_Task objective:_ Tally how many lines in the data hold the word "subst", and give the result with no other text.

Segment Open

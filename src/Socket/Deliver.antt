-- ===== src/Socket/Deliver.antt =====
-- What a socket does with a packet that the router delivers to it.
use mathlib.Core.Path.{subst}
use launch_core.Prelude.{
  ℕ, ◌≤◌, ◌<◌, ◌≡◌, ◌⊎◌, inl, inr, ◌∙◌, refl, sym, ap, false, Option, none, some, [], ◌∷◌, ◌++◌,
  arith, ltb, length, take, lt_or_eq, le_test, get_elem?, Ret, success,
}
use launch_core.Queue.Heap.{Ptr}
use launch_core.Queue.Chain.{Cells, snoc-cases}
use launch_core.AllocQueue
use launch_core.AllocQueue.Contents.{Gives-run, push-Holds}
use launch_core.Packet
use launch_core.Packet.{Packet}
use launch_core.Packet.Invariant.{IsValid}
use launch_core.Packet.Stream.{unread, IsReadable}
use launch_core.Udp.{Info}
use launch_core.Sched.{Sched, Task, sched_wake}
use launch_core.Sched.Moves.{Ends-run, IsSched}
use launch_core.Sched.Calls.{Woken, sched_wake-IsSched}
use launch_core.Socket.{
  Stored, Socket, mtu, take_buffer, fill, source_octets, wake_waiting, wrong_address, receive,
}
use launch_core.Socket.Inbox.{IsSocket, inbox, inbox_snoc}
use launch_core.Socket.Receive.{
  IsTaken, Same, Buffers, Buffers-run, take_free, take_oldest, fill-Filled, Copies-run,
}

-- A task that waits is one of the table.
abbrev pub Knows : Option ℕ → Sched → Type 0
Knows none t = Unit {0}
Knows (some tid) t = (u : Task) × (get_elem? t.tasks tid ≡ some u)

-- The task that waits, if one does, has been woken.
abbrev pub Wakes : Option ℕ → (t : Sched) → IsSched t → (t' : Sched) → IsSched t' → Type 0
Wakes none t i t' i' = t' ≡ t
Wakes (some tid) t i t' i' = (u : Task) × (get_elem? t.tasks tid ≡ some u) × Woken i tid u t' i'

wake_waiting_lem :
    (w : Option ℕ) (t : Sched) (i : IsSched t)
    → Knows w t
    → (t' : Sched) × (wake_waiting w t ≡ some t') × ((i' : IsSched t') × Wakes w t i t' i')
unfolding wake_waiting
wake_waiting_lem none t i k = (t, refl, (i, refl))
wake_waiting_lem (some tid) t i (u, at) =
    let (_, t', run, ((i', woken), _)) =
      Ends-run (sched_wake tid t) _ (sched_wake-IsSched i tid u at) in
    (t', rw run refl, (i', (u, at, woken)))

-- The packets of `ds` are those of `cs`, less the oldest where the queue was full.
abbrev pub Kept : Socket → ℕ → Cells Ptr → Socket → Cells Ptr → Type 0
Kept s n cs s' ds =
    ((length cs < n) × (inbox s' ds ≡ inbox s cs))
    ⊎ ((length cs ≡ n) × ((v : Stored) × (inbox s cs ≡ inbox s' ds ++ (v ∷ []))))

-- A call that ends without a fault, with what holds then.
abbrev pub Delivers :
    Option ((Ret × Packet) × Socket × Sched) → (Ret × Packet → Socket → Sched → Type 0) → Type 0
Delivers none P = ⊥
Delivers (some (r, s, t)) P = P r s t

pub Delivers-run :
    (o : Option ((Ret × Packet) × Socket × Sched)) (P : Ret × Packet → Socket → Sched → Type 0)
    → Delivers o P
    → (r : Ret × Packet) × (s : Socket) × (t : Sched) × (o ≡ some (r, s, t)) × P r s t
Delivers-run none P b = absurd b
Delivers-run (some (r, s, t)) P b = (r, s, t, refl, b)

-- Buffers that are the same hold the same packets.
inbox-same : (s s' : Socket) (cs : Cells Ptr) → s'.packets ≡ s.packets → inbox s' cs ≡ inbox s cs
inbox-same s s' [] e = refl
inbox-same s s' ((p, d) ∷ cs) e = let rest = inbox-same s s' cs e in cc

-- A buffer for the packet, and the cells that stay.
room_made :
    {s : Socket} {n : ℕ} (cs : Cells Ptr)
    → IsSocket s n cs
    → 0 < n
    → Buffers
        (take_buffer s)
        (λ d s'. Same s s' × ((ds : Cells Ptr) × IsTaken s' n ds d × Kept s n cs s' ds))
room_made {s} {n} cs i pos =
    let le : length cs ≤ n = omega (arith, i.pooled.total, i.pool_size) in
    elim (lt_or_eq (length cs) n le) [
      | inl room ↦
          let (d, s', run, (k, same)) = Buffers-run (take_buffer s) _ (take_free i room) in
          rw run (same, (cs, k, inl (room, inbox-same s s' cs same.0)))
      | inr full ↦ elim (snoc-cases cs) [
        | inl e ↦ absurd (omega (arith, pos, full, ap length e))
        | inr (ds, p, e, eq) ↦
            let here = subst (IsSocket s n) eq i in
            let (d, s', run, (k, same)) =
              Buffers-run (take_buffer s) _ (take_oldest ds p e here (sym (ap length eq) ∙ full)) in
            let packets : inbox s cs ≡ inbox s' ds ++ (s.packets e ∷ []) =
              ap (inbox s) eq
              ∙ inbox_snoc s ds p e
              ∙ ap (λ l. l ++ (s.packets e ∷ [])) (sym (inbox-same s s' ds same.0)) in
            rw run (same, (ds, k, inr (full, (s.packets e, packets))))
      ]
    ]

-- The packet at `d` has the bytes that could be read of `p`, and its source.
abbrev pub IsCopy : Packet → Info → Stored → Type 0
IsCopy p info v =
    (v.len ≡ length (unread p))
    × (take v.len v.buff ≡ unread p)
    × (v.ip ≡ source_octets info.src_addr)
    × (v.port ≡ info.src_port)

abbrev pub Delivered :
    Socket
    → ℕ
    → Cells Ptr
    → Packet
    → Info
    → (t : Sched) → IsSched t
    → Ret × Packet
    → Socket
    → Sched
    → Type 0
Delivered s n cs p info t it (r, p') s' t' =
    (r ≡ success)
    × (p' ≡ record p { rpos = p.wpos })
    × ((it' : IsSched t') × Wakes s.waiting t it t' it')
    × (s'.waiting ≡ s.waiting)
    × ((q : Ptr) × (d : Ptr) × (ds : Cells Ptr) × IsSocket s' n ((q, d) ∷ ds)
        × Kept s n cs s' ds
        × IsCopy p info (s'.packets d))

-- The steps of a `receive` that is not refused.
receive-run :
    (p : Packet) (info : Info) (s s1 s2 : Socket) (t t' : Sched) (d q : Ptr)
    (rx : AllocQueue.AllocQueue Ptr) (r : Ret × Packet)
    → ltb mtu (Packet.available p) ≡ false
    → wrong_address s info ≡ false
    → take_buffer s ≡ some (d, s1)
    → AllocQueue.push d s1.rx ≡ some (q, rx)
    → fill d p info (record s1 { rx = rx }) ≡ some (r, s2)
    → r.0 ≡ success
    → s2.waiting ≡ s.waiting
    → wake_waiting s.waiting t ≡ some t'
    → receive p info s t ≡ some (r, s2, t')
unfolding receive
receive-run p info s s1 s2 t t' d q rx (r, p') e1 e2 e3 e4 e5 e6 e7 e8 =
    rw (e1, e2, e3, e4, e5, e6, e7, e8) refl

Kept-step :
    (s : Socket) (n : ℕ) (cs : Cells Ptr) (s' s'' : Socket) (ds : Cells Ptr)
    → inbox s'' ds ≡ inbox s' ds
    → Kept s n cs s' ds
    → Kept s n cs s'' ds
Kept-step s n cs s' s'' ds e (inl (room, same)) = inl (room, e ∙ same)
Kept-step s n cs s' s'' ds e (inr (full, (v, old))) =
    inr (full, (v, old ∙ ap (λ l. l ++ (v ∷ [])) (sym e)))

-- `receive` of a packet that fits and is for the socket's address, on a well-formed socket of at
-- least one buffer, succeeds. It reads the packet to its end; a copy of its bytes, with the source
-- as `source_octets` gives it, becomes the newest of the socket's packets; the others stay, but the
-- oldest is dropped if the queue was full. The task that waits is woken, and socket and scheduler
-- stay well formed.
pub receive-inbox :
    {s : Socket} {n : ℕ} {t : Sched} {p : Packet} (cs : Cells Ptr) (info : Info)
    → IsSocket s n cs
    → 0 < n
    → (it : IsSched t) → Knows s.waiting t
    → IsValid p
    → IsReadable p
    → Packet.available p ≤ mtu
    → wrong_address s info ≡ false
    → Delivers (receive p info s t) (Delivered s n cs p info t it)
receive-inbox {s} {n} {t} {p} cs info i pos it knows v le small right =
    let (d, s1, run1, ((packets, waiting), (ds, k, kept))) =
      Buffers-run (take_buffer s) _ (room_made cs i pos) in
    let (q, rx, run2, (_, _, queued, cap)) =
      Gives-run (AllocQueue.push d s1.rx) _
        (push-Holds k.queued d (omega (arith, k.room, k.queue_size))) in
    let (r, s2, run3, (ok, end, still, rest)) =
      Copies-run (fill d p info (record s1 { rx = rx })) _ (
        fill-Filled ds d q rx p info k queued (cap ∙ k.queue_size)
          (λ a. ap length (ap (λ m. (m a).buff) packets) ∙ i.buffers a) v le small) in
    let (q', d', queue, inboxes, copied) = rest in
    let same : s2.waiting ≡ s.waiting = still ∙ waiting in
    let (t', run4, woken) = wake_waiting_lem s.waiting t it knows in
    let run =
      receive-run p info s s1 s2 t t' d q rx r (le_test (Packet.available p) mtu small) right run1
        run2 run3 ok same run4 in
    subst (λ o. Delivers o (Delivered s n cs p info t it)) (sym run)
      (ok, end, woken, same, (q', d', ds, queue, Kept-step s n cs s1 s2 ds inboxes kept, copied))
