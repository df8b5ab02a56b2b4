-- ===== src/Socket/Fresh.antt =====
-- A socket as its constructor leaves it.
use mathlib.Core.Path.{subst}
use launch_core.Prelude.{
  ℕ, ◌≤◌, ◌<◌, ◌≡◌, refl, sym, false, none, some, List, [], ◌∷◌, arith, length, size_mod,
}
use launch_core.Queue.Heap.{Ptr, Node, Heap}
use launch_core.Queue.Fifo.{Yields}
use launch_core.Pool.{Descriptor, pool}
use launch_core.Pool.State.{IsPool, Yields-run}
use launch_core.Pool.Fresh.{pool-IsPool}
use launch_core.AllocQueue.Contents.{alloc_queue-Holds}
use launch_core.Socket.{Stored, Socket, mtu, socket}
use launch_core.Socket.Inbox.{IsSocket}

-- The objects of an array of `n` are there.
abbrev pub IsArray : {T : Type 0} → ℕ → Heap T → Type 0
IsArray {T} n h = (a : Ptr) → 0 < a → a ≤ n → (o : Node T) × (h a ≡ some o)

-- The constructor makes a well-formed socket with no packets, of as many buffers as it is told, on
-- arrays that are there with any contents.
pub socket-IsSocket :
    (self : Ptr) (ds ds' : List Descriptor) (objects nodes nodes' : Heap Ptr)
    (packets : Ptr → Stored)
    → length ds ≡ length ds'
    → length ds < size_mod
    → IsArray (length ds) objects
    → IsArray (length ds) nodes
    → IsArray (length ds) nodes'
    → ((d : Ptr) → length (packets d).buff ≡ mtu)
    → (s : Socket) × (socket self ds ds' (length ds) objects nodes nodes' packets ≡ some s)
      × IsSocket s (length ds) []
unfolding socket
socket-IsSocket self ds ds' objects nodes nodes' packets e small o1 o2 o3 full =
    let (rx, run, queued, cap) =
      alloc_queue-Holds self ds (length ds) objects nodes refl small o1 o2 in
    let (p, g, run', (pooled, len)) = Yields-run (pool self ds' (length ds) nodes') _ (
      subst
        (λ k.
          Yields (pool self ds' k nodes') (λ p g. IsPool g p (λ a. false) 0 × (length p.descs ≡ k)))
        (sym e)
        (pool-IsPool self ds' nodes' (omega (arith, e, small))
          (λ a lt le. o3 a lt (omega (arith, e, le))))) in
    (
      record {
        self = self;
        rx = rx;
        pool = p;
        nodes = g;
        packets = packets;
        ip = 0 ∷ 0 ∷ 0 ∷ 0 ∷ [];
        port = 0;
        waiting = none;
      },
      rw (run, run') refl,
      record {
        queued = queued;
        pooled = pooled;
        once = tt;
        queue_size = cap;
        pool_size = len;
        buffers = full;
      },
    )
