-- ===== src/Socket/Roundtrip.antt =====
-- A packet from `receive` to `recv`.
use mathlib.Core.Path.{subst}
use launch_core.Prelude.{
  ◌*◌, ◌%◌, ◌^◌, ℕ, zero, suc, Bool-cases, ltb→lt, take-length, take-min, ◌≤◌, ◌<◌, ◌≡◌, inl, inr,
  ◌∙◌, refl, sym, ap, false, [], ◌∷◌, ◌++◌, arith, List, ltb, if◌then◌else◌, length, take, success,
}
use launch_core.Queue.Heap.{Ptr}
use launch_core.Queue.Chain.{Cells}
use launch_core.Packet
use launch_core.Packet.{Packet}
use launch_core.Packet.Invariant.{IsValid}
use launch_core.Packet.Stream.{unread, IsReadable}
use launch_core.Udp.{Info}
use launch_core.Sched.{Sched}
use launch_core.Sched.Moves.{IsSched}
use launch_core.Socket.{Socket, Received, mtu, source_octets, wrong_address, receive, take_packet}
use launch_core.Socket.Inbox.{IsSocket, Takes, Takes-run, take_packet-inbox}
use launch_core.Socket.Deliver.{Knows, Kept, Delivers, Delivers-run, receive-inbox}

take-take : {A : Type 0} (n k : ℕ) (xs : List A) → n ≤ k → take n (take k xs) ≡ take n xs
take-take zero k xs le = refl
take-take (suc n) zero xs le = absurd (omega (arith, le))
take-take (suc n) (suc k) [] le = refl
take-take (suc n) (suc k) (x ∷ xs) le = ap (λ l. x ∷ l) (take-take n k xs (omega (arith, le)))

-- What is copied of the `k` bytes `u` in a buffer.
take_room :
    (len k : ℕ) (xs u : List ℕ)
    → take k xs ≡ u
    → k ≡ length u
    → take (if ltb len k then len else k) xs ≡ take len u
take_room len k xs u e size = elim (Bool-cases (ltb len k)) [
  | inl o ↦
      let lt = ltb→lt len k o in
      rw o (sym (take-take len k xs (omega (arith, lt))) ∙ ap (take len) e)
  | inr o ↦
      let ge : k ≤ len = ground arith in
      rw o (e ∙ sym (take-length u) ∙ take-min len (length u) u (omega (arith, ge, size)))
]

-- The three shifts to the left leave nothing in the low byte.
source_octets_lem : (addr : ℕ) → source_octets addr ≡ 0 ∷ 0 ∷ 0 ∷ addr % 256 ∷ []
unfolding source_octets
source_octets_lem addr =
    let a : addr * 2 ^ 24 % 2 ^ 32 % 256 ≡ 0 = omega arith in
    let b : addr * 2 ^ 16 % 2 ^ 32 % 256 ≡ 0 = omega arith in
    let c : addr * 2 ^ 8 % 2 ^ 32 % 256 ≡ 0 = omega arith in rw (a, b, c) refl

pub nothing_left : (s : Socket) (n : ℕ) (s' : Socket) (ds : Cells Ptr) → Kept s n [] s' ds → ds ≡ []
nothing_left s n s' [] k = refl
nothing_left s n s' ((p, d) ∷ ds) (inl (_, e)) = absurd (omega (arith, ap length e))
nothing_left s n s' ((p, d) ∷ ds) (inr (_, (v, e))) = absurd (omega (arith, ap length e))

-- What the caller of `recv` is given of the packet `p`.
abbrev pub Passed : ℕ → Packet → Info → Received → Type 0
Passed len p info r =
    (r.ret ≡ success)
    × (r.len ≡ length (unread p))
    × (r.out ≡ take len (unread p))
    × (r.from_ip ≡ 0 ∷ 0 ∷ 0 ∷ info.src_addr % 256 ∷ [])
    × (r.from_port ≡ info.src_port)

-- A packet that `receive` accepts on a socket that holds no other is what the next `recv` takes: the
-- caller gets its length, its bytes as far as there is room for `len` of them, and its port; of its
-- address the caller gets the last octet only, and 0 for the first three, whatever they are. The
-- socket is well formed and empty again.
pub take_packet-receive :
    {s : Socket} {n : ℕ} {t : Sched} {p : Packet} (len : ℕ) (info : Info)
    → IsSocket s n []
    → 0 < n
    → IsSched t
    → Knows s.waiting t
    → IsValid p
    → IsReadable p
    → Packet.available p ≤ mtu
    → wrong_address s info ≡ false
    → Delivers
        (receive p info s t)
        (λ _ s' _. Takes (take_packet len s') (λ r s''. Passed len p info r × IsSocket s'' n []))
take_packet-receive {s} {n} {t} {p} len info i pos it knows v le small right =
    let ((r, p'), s', t', run, (_, _, _, _, (q, d, ds, socket, kept, (size, bytes, ip, port)))) =
      Delivers-run (receive p info s t) _ (receive-inbox [] info i pos it knows v le small right) in
    let empty = nothing_left s n s' ds kept in
    let alone : IsSocket s' n ([] ++ ((q, d) ∷ [])) =
      subst (λ cs. IsSocket s' n ((q, d) ∷ cs)) empty socket in
    let (u, s'', run', ((ok, out, len_eq, from, from_port), socket', _)) =
      Takes-run (take_packet len s') _ (take_packet-inbox len [] q d alone) in
    let given : Passed len p info u = (
      ok,
      len_eq ∙ size,
      out ∙ take_room len (s'.packets d).len (s'.packets d).buff (unread p) bytes size,
      from ∙ ip ∙ source_octets_lem info.src_addr,
      from_port ∙ port,
    ) in
    rw run (rw run' (given, socket'))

Segment Closed

_The completed task:_ 7